START EXERCISE DATA

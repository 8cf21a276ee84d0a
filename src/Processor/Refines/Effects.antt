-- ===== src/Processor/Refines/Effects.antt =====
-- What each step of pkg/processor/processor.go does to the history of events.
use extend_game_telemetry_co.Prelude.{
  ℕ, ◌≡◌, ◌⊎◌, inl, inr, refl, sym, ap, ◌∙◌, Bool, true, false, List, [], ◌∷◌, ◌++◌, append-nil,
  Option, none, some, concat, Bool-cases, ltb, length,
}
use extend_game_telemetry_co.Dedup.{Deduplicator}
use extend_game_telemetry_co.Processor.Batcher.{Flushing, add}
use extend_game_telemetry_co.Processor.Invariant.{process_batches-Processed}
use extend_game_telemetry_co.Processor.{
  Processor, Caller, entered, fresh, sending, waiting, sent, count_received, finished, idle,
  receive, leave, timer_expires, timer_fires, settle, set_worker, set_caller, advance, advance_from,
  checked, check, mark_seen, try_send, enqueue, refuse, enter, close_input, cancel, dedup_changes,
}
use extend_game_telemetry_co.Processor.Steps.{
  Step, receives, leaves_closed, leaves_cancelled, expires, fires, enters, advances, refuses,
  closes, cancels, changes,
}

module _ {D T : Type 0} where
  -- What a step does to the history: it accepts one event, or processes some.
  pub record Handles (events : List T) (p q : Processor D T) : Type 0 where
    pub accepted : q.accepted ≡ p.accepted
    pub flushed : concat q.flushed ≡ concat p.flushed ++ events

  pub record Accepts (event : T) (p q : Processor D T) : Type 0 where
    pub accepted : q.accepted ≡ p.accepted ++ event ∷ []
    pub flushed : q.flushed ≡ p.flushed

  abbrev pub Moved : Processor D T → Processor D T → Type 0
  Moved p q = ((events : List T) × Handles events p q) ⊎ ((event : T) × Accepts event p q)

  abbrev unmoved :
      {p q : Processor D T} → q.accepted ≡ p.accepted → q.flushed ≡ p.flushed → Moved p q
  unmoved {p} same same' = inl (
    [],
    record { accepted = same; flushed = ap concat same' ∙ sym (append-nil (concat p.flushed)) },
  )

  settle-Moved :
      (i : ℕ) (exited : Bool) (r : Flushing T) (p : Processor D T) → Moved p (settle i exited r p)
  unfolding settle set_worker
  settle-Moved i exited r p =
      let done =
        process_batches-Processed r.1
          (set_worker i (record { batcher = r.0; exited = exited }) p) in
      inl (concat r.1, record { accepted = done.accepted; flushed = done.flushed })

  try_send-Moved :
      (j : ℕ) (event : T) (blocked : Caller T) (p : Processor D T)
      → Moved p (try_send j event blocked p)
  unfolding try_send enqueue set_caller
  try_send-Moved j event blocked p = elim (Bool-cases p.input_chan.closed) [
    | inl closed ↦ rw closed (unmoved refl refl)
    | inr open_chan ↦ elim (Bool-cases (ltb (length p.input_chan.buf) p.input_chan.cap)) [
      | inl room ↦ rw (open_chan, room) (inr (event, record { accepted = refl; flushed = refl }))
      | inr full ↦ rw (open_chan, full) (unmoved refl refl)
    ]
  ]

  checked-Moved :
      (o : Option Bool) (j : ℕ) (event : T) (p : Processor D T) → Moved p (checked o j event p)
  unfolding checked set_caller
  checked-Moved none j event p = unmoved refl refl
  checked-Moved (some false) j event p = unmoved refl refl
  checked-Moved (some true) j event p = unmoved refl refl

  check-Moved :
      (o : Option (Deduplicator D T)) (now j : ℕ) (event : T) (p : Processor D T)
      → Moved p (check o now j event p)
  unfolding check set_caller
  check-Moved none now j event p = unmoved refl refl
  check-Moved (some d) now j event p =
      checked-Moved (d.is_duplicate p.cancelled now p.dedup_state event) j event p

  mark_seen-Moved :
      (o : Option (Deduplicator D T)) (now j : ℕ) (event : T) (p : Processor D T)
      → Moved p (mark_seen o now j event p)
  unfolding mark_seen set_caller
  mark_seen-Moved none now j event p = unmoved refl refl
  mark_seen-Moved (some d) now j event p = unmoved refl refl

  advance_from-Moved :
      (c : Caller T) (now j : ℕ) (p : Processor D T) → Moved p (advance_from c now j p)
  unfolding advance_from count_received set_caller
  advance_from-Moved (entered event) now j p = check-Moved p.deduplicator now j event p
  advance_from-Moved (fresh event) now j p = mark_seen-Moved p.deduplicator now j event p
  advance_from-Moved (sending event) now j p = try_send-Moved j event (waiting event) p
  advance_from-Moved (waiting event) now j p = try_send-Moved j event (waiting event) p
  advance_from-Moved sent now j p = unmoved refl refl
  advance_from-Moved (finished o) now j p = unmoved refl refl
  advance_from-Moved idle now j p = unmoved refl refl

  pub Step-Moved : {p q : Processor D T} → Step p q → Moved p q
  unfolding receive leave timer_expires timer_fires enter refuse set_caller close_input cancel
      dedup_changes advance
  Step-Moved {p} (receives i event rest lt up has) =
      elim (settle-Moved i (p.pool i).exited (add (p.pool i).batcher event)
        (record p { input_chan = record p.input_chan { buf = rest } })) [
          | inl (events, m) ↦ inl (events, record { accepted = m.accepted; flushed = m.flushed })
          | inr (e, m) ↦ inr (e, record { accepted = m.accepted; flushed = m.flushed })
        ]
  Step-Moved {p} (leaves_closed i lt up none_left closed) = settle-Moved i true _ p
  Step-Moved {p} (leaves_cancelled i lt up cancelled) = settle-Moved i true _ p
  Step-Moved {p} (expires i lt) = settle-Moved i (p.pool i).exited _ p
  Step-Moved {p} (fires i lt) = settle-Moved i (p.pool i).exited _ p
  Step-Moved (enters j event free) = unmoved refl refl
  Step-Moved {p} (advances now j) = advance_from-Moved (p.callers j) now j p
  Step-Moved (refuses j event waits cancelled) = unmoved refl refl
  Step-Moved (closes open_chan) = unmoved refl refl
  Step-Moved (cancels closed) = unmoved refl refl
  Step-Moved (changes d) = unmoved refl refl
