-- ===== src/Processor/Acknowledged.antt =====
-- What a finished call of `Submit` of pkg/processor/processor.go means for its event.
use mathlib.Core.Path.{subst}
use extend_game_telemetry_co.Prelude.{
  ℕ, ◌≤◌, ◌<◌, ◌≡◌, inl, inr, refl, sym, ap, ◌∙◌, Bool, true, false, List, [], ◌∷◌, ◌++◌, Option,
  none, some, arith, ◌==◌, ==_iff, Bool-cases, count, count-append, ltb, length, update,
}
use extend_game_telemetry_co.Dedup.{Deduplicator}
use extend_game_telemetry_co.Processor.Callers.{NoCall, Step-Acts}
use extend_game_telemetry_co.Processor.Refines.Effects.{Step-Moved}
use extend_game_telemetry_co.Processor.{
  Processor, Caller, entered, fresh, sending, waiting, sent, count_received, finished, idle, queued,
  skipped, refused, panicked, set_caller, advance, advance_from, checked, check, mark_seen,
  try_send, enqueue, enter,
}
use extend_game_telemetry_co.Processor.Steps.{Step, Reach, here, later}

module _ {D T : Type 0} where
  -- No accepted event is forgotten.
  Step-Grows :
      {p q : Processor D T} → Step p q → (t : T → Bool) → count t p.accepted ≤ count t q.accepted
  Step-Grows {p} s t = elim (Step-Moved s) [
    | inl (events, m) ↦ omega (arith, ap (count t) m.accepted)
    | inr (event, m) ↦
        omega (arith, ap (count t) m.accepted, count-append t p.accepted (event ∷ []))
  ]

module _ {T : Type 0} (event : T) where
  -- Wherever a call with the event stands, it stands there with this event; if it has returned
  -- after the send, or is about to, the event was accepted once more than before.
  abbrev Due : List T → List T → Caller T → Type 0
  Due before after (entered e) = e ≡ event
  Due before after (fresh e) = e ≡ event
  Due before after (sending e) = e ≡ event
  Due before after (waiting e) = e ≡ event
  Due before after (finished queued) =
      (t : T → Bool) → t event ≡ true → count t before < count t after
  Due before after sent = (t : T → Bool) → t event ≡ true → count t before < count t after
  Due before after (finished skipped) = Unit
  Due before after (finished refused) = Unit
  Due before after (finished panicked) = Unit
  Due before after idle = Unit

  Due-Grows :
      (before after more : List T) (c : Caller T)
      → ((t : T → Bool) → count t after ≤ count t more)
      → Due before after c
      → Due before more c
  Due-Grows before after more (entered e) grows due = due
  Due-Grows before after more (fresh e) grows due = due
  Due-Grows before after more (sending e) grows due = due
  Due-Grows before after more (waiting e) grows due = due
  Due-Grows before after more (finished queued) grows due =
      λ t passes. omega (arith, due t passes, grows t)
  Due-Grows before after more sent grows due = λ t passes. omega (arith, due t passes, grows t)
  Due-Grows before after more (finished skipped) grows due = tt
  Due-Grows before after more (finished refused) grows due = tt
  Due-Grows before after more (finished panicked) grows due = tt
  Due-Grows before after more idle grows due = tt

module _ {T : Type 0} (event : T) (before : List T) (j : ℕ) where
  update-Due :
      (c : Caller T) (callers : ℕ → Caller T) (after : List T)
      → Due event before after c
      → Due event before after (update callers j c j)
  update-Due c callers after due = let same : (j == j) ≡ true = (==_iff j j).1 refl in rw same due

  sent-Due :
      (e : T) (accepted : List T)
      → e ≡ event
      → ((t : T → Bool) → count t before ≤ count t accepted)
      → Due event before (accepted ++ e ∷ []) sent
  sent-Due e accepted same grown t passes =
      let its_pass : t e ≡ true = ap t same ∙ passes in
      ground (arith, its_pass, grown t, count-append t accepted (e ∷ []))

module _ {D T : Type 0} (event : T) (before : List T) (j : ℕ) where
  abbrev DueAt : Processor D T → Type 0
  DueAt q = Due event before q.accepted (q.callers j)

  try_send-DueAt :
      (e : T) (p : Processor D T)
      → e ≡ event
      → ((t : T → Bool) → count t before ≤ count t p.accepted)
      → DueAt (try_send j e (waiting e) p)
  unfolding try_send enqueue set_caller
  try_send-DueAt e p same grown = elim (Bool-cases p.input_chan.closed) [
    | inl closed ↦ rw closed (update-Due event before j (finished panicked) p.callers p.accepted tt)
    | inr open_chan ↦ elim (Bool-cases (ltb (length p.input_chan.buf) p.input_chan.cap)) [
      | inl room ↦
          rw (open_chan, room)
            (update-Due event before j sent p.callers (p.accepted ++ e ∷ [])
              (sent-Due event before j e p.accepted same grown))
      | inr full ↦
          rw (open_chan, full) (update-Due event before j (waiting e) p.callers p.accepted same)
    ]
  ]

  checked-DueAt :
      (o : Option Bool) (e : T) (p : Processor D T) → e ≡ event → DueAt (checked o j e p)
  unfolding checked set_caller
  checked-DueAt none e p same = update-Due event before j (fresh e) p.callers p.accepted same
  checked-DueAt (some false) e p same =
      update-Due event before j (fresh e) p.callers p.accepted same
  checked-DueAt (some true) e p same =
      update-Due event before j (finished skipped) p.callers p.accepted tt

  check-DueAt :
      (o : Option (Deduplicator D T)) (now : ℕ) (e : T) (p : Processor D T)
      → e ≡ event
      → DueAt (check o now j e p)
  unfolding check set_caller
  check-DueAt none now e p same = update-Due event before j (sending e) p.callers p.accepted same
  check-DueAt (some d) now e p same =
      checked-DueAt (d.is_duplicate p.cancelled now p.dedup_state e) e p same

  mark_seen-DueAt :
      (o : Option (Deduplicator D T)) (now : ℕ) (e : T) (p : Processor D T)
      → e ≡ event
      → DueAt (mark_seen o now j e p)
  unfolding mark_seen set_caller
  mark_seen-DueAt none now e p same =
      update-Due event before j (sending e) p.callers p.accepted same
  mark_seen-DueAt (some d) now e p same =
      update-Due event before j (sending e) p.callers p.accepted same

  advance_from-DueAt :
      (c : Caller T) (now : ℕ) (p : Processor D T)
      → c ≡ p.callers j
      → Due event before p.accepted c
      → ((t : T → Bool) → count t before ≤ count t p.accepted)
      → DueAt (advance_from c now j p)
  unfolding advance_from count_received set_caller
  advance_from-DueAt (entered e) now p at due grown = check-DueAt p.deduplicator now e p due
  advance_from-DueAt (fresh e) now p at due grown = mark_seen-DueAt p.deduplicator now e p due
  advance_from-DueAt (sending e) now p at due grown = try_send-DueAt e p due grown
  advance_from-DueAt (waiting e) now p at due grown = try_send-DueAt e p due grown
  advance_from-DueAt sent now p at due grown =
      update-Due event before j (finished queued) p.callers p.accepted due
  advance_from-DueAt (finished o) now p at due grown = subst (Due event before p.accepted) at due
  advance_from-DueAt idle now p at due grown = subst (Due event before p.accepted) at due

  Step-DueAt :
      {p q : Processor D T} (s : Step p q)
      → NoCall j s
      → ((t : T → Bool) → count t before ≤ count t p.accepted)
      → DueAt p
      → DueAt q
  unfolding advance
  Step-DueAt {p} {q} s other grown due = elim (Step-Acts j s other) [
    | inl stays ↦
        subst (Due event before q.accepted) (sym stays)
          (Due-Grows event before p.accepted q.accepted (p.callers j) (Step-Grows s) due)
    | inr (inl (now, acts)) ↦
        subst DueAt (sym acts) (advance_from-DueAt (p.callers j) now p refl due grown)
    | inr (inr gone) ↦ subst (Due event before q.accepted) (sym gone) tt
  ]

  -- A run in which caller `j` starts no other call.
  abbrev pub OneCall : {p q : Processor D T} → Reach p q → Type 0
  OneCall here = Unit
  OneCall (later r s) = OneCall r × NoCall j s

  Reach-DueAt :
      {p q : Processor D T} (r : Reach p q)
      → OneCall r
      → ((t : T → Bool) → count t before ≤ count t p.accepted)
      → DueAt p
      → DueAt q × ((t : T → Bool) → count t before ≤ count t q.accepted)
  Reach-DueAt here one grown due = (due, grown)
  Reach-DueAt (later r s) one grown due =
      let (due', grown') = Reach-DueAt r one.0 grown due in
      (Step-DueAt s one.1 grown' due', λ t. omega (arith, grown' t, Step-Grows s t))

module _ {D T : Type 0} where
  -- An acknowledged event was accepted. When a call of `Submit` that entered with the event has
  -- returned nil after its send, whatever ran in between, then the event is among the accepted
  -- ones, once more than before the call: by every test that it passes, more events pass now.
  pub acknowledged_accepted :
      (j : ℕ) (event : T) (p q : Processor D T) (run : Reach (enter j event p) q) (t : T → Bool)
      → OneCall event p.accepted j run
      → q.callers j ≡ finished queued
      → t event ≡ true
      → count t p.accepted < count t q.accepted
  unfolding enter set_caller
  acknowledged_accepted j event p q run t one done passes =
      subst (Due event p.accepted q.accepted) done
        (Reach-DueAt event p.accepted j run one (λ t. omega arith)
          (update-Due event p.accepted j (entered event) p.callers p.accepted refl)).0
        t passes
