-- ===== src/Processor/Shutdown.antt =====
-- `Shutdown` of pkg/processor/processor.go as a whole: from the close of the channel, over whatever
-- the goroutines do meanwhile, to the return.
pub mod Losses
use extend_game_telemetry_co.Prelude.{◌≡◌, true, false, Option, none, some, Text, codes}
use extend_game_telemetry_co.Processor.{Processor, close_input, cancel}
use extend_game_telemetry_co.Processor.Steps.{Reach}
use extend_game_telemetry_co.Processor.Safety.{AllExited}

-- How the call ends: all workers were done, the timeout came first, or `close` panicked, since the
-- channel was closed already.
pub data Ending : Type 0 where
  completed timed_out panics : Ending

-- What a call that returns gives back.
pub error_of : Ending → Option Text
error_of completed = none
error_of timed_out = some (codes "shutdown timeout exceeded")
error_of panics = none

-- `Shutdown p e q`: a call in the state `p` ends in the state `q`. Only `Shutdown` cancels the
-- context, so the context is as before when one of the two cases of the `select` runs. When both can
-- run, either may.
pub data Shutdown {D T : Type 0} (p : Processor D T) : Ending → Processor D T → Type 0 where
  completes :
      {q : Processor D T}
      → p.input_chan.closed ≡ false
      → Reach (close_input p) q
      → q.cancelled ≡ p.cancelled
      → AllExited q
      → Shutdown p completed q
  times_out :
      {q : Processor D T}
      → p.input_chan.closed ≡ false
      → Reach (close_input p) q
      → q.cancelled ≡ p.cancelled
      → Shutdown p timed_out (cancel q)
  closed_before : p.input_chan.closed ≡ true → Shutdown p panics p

END EXERCISE DATA

Could you retype exactly the lines above, starting at the line that contains "advance_from-DueAt (entered e)" and ending at the line that contains "advance_from-DueAt sent now", and nothing more?

REPLY.
  advance_from-DueAt (entered e) now p at due grown = check-DueAt p.deduplicator now e p due
  advance_from-DueAt (fresh e) now p at due grown = mark_seen-DueAt p.deduplicator now e p due
  advance_from-DueAt (sending e) now p at due grown = try_send-DueAt e p due grown
  advance_from-DueAt (waiting e) now p at due grown = try_send-DueAt e p due grown
  advance_from-DueAt sent now p at due grown =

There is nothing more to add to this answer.